Start of DATA EXCERPTS

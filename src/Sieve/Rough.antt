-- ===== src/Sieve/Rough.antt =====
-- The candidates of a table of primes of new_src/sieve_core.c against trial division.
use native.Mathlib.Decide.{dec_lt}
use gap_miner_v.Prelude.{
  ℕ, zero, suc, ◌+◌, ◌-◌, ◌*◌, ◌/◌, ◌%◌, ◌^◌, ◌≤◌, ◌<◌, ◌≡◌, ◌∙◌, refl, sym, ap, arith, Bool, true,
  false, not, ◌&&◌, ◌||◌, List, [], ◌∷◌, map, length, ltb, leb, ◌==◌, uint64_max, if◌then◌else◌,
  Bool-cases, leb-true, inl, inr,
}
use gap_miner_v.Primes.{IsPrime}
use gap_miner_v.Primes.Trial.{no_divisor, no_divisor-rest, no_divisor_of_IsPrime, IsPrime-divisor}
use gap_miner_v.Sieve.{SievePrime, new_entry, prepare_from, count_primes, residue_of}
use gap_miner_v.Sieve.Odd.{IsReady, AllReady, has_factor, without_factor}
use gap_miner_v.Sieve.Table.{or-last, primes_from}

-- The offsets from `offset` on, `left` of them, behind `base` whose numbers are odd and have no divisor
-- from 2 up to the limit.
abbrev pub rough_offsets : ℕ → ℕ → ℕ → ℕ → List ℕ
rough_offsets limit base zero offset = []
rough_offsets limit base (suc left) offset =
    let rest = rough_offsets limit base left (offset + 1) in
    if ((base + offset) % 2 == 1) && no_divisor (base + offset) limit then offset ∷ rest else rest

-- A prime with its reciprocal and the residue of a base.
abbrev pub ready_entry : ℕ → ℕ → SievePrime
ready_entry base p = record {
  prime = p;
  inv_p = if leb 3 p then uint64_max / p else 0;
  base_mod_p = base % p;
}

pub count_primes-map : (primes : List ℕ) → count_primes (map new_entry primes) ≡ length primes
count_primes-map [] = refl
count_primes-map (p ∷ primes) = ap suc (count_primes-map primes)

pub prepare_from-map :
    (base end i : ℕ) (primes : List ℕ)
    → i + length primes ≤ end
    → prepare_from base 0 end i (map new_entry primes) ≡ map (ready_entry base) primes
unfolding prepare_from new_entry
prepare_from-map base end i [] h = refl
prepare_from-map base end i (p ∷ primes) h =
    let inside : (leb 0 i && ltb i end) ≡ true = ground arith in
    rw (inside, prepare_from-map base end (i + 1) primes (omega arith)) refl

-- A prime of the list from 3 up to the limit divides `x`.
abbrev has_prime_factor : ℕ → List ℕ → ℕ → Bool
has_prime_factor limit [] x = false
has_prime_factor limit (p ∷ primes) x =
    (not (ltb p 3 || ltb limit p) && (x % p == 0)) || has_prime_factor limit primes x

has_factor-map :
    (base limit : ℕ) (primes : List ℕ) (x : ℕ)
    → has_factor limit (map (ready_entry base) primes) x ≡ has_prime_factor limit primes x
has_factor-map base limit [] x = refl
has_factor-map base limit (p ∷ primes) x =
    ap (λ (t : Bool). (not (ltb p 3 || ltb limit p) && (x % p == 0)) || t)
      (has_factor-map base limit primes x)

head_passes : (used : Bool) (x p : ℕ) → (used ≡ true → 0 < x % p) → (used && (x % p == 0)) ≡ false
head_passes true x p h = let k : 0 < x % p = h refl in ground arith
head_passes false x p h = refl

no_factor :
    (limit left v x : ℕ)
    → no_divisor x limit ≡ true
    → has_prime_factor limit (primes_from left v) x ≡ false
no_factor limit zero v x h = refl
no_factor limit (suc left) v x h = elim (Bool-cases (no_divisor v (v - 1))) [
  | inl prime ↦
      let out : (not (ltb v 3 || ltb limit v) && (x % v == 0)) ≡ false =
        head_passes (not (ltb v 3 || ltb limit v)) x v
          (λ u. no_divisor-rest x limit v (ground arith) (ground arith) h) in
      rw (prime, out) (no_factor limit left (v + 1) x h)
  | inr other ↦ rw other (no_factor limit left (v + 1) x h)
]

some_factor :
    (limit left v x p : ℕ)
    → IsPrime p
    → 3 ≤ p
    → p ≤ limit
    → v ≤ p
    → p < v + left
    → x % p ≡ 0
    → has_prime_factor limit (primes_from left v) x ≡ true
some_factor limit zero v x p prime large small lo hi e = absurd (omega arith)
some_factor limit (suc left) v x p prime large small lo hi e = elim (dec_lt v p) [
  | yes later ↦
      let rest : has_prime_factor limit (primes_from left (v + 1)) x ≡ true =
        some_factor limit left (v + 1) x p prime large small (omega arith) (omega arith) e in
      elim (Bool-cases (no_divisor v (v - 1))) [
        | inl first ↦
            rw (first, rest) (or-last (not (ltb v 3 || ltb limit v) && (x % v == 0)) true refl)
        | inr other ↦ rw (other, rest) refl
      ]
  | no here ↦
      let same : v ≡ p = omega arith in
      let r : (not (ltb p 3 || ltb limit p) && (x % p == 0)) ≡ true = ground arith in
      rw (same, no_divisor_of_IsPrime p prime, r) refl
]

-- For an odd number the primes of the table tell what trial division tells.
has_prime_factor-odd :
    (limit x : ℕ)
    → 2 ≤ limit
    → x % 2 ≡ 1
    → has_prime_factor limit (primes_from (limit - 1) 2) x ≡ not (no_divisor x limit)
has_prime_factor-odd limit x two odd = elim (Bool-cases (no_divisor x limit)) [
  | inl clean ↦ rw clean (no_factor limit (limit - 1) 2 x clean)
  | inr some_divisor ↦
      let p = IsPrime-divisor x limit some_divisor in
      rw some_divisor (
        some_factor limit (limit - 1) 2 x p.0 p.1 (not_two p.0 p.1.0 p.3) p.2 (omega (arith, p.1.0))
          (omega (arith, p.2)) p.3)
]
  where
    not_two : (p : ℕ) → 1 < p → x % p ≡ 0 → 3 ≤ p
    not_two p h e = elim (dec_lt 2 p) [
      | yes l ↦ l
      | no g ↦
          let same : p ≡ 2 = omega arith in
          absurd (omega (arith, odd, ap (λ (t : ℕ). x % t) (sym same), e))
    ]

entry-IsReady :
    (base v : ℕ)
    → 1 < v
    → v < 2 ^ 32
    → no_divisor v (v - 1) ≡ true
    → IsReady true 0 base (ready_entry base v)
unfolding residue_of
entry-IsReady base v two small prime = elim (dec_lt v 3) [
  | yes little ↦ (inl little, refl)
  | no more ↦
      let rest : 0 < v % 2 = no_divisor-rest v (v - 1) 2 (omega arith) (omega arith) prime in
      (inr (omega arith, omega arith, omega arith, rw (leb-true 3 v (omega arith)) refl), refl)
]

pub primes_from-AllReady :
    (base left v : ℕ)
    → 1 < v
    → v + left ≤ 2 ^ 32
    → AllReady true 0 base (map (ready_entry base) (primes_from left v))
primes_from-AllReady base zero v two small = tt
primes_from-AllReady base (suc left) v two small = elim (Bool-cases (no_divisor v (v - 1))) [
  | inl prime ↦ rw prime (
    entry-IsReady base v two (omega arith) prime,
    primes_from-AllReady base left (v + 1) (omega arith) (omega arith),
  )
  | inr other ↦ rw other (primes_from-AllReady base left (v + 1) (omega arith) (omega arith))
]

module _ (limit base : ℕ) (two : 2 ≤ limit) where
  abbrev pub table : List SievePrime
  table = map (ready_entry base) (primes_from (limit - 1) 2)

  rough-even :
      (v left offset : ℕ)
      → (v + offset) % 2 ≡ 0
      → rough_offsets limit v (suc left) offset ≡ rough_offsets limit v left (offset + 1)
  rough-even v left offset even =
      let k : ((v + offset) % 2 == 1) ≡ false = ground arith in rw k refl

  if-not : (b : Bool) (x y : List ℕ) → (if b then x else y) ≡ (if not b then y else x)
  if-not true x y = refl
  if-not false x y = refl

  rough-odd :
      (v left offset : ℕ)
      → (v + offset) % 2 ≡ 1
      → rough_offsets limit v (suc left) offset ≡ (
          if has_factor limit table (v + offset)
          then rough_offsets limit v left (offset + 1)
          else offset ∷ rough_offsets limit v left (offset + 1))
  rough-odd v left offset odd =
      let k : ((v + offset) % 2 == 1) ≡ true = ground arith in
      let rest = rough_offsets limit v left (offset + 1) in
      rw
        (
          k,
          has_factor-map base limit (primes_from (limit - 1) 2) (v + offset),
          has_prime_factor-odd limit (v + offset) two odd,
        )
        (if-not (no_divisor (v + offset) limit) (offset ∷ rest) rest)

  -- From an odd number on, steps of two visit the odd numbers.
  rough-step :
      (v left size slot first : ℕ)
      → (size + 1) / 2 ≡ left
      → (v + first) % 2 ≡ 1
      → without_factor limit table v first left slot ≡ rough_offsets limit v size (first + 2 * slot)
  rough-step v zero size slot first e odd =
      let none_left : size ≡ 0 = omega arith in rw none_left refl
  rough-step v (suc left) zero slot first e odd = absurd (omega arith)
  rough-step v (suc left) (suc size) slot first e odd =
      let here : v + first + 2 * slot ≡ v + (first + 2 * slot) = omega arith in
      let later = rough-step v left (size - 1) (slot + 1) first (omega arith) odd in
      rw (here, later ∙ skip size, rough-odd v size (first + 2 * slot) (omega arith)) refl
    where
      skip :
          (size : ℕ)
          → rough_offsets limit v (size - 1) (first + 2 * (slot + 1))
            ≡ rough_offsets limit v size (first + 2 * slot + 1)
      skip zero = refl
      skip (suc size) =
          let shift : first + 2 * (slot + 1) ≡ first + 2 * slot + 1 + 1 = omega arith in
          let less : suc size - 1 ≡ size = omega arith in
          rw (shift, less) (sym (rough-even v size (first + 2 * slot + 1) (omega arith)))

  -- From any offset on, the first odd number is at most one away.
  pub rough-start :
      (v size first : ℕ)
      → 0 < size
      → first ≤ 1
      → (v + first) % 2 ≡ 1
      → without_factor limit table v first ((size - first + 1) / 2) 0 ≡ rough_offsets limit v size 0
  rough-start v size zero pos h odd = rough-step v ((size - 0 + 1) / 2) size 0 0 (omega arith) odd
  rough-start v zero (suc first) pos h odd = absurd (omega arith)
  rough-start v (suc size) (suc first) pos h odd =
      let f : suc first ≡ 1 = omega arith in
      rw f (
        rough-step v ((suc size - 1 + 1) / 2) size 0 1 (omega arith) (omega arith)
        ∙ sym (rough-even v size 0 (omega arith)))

End of DATA EXCERPTS

• [TASK REQUIREMENTS]:
Look over the material above and report each line holding "last".

• [ANSWER BELOW]:
use gap_miner_v.Sieve.Table.{or-last, primes_from}
            rw (first, rest) (or-last (not (ltb v 3 || ltb limit v) && (x % v == 0)) true refl)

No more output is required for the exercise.